Brief. Only lines with the word "buffer" belong in the answer; copy them from the records below.

Data extracts below:

-- ===== src/Poll/Response/Wire.antt =====
-- bjnp/src/poll/response.rs: `Response` and `RawResponse`.
use Prim.Native.Nat.{bit_and}
use scanner_button.Prelude.{ℕ, Option, none, some, List, take, drop, ◌++◌, ◌==◌, not, if◌then◌else◌}
use scanner_button.Rust.Outcome.{Outcome, ok, ◌>>=◌}
use scanner_button.Rust.Word.{from_be_bytes}
use scanner_button.Serdes.Error.{FormatError}
use scanner_button.Serdes.Traits.{SizedDeserialize, Deserialize, sized_deserialize}
use scanner_button.Serdes.Raw.{Layout, raw_deserialize}
use scanner_button.Poll.Response.Button.{Interrupt, RawInterrupt, raw_interrupt_bytes}
use scanner_button.Poll.Response.Button.{raw_interrupt_view, interrupt_try_from}

pub record Response : Type 0 where
  pub status : ℕ
  pub session_id : Option ℕ
  pub action_id : Option ℕ
  pub interrupt : Option Interrupt

pub record RawResponse : Type 0 where
  pub status : List ℕ
  pub session_id : List ℕ
  pub unk_1 : List ℕ
  pub action_id : List ℕ
  pub interrupt : RawInterrupt

abbrev pub raw_response_bytes : RawResponse → List ℕ
raw_response_bytes r =
    r.status ++ (r.session_id ++ (r.unk_1 ++ (r.action_id ++ raw_interrupt_bytes r.interrupt)))

abbrev pub raw_response_view : List ℕ → RawResponse
raw_response_view buffer = record {
  status = take 4 buffer;
  session_id = take 4 (drop 4 buffer);
  unk_1 = take 4 (drop 8 buffer);
  action_id = take 4 (drop 12 buffer);
  interrupt = raw_interrupt_view (drop 16 buffer);
}

abbrev pub raw_response : Layout RawResponse
raw_response = record { size_of = 36; bytes = raw_response_bytes; view = raw_response_view }

-- `TryFrom<&RawResponse> for Response`
unfoldable pub response_try_from : RawResponse → Outcome Response FormatError
response_try_from raw =
    let status = from_be_bytes raw.status in
    if not (bit_and status 0x00008000 == 0)
    then (do
      interrupt ← interrupt_try_from raw.interrupt
      ok (record {
        status = status;
        session_id = none;
        action_id = some (from_be_bytes raw.action_id);
        interrupt = some interrupt;
      }))
    else ok (record {
      status = status;
      session_id = some (from_be_bytes raw.session_id);
      action_id = none;
      interrupt = none;
    })

abbrev pub response_sized : SizedDeserialize Response
response_sized = raw_deserialize raw_response response_try_from

instance abbrev pub response_deserialize : Deserialize Response
response_deserialize = sized_deserialize response_sized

End of Data extracts.

Answer to the exercise.
raw_response_view buffer = record {
  status = take 4 buffer;
  session_id = take 4 (drop 4 buffer);
  unk_1 = take 4 (drop 8 buffer);
  action_id = take 4 (drop 12 buffer);
  interrupt = raw_interrupt_view (drop 16 buffer);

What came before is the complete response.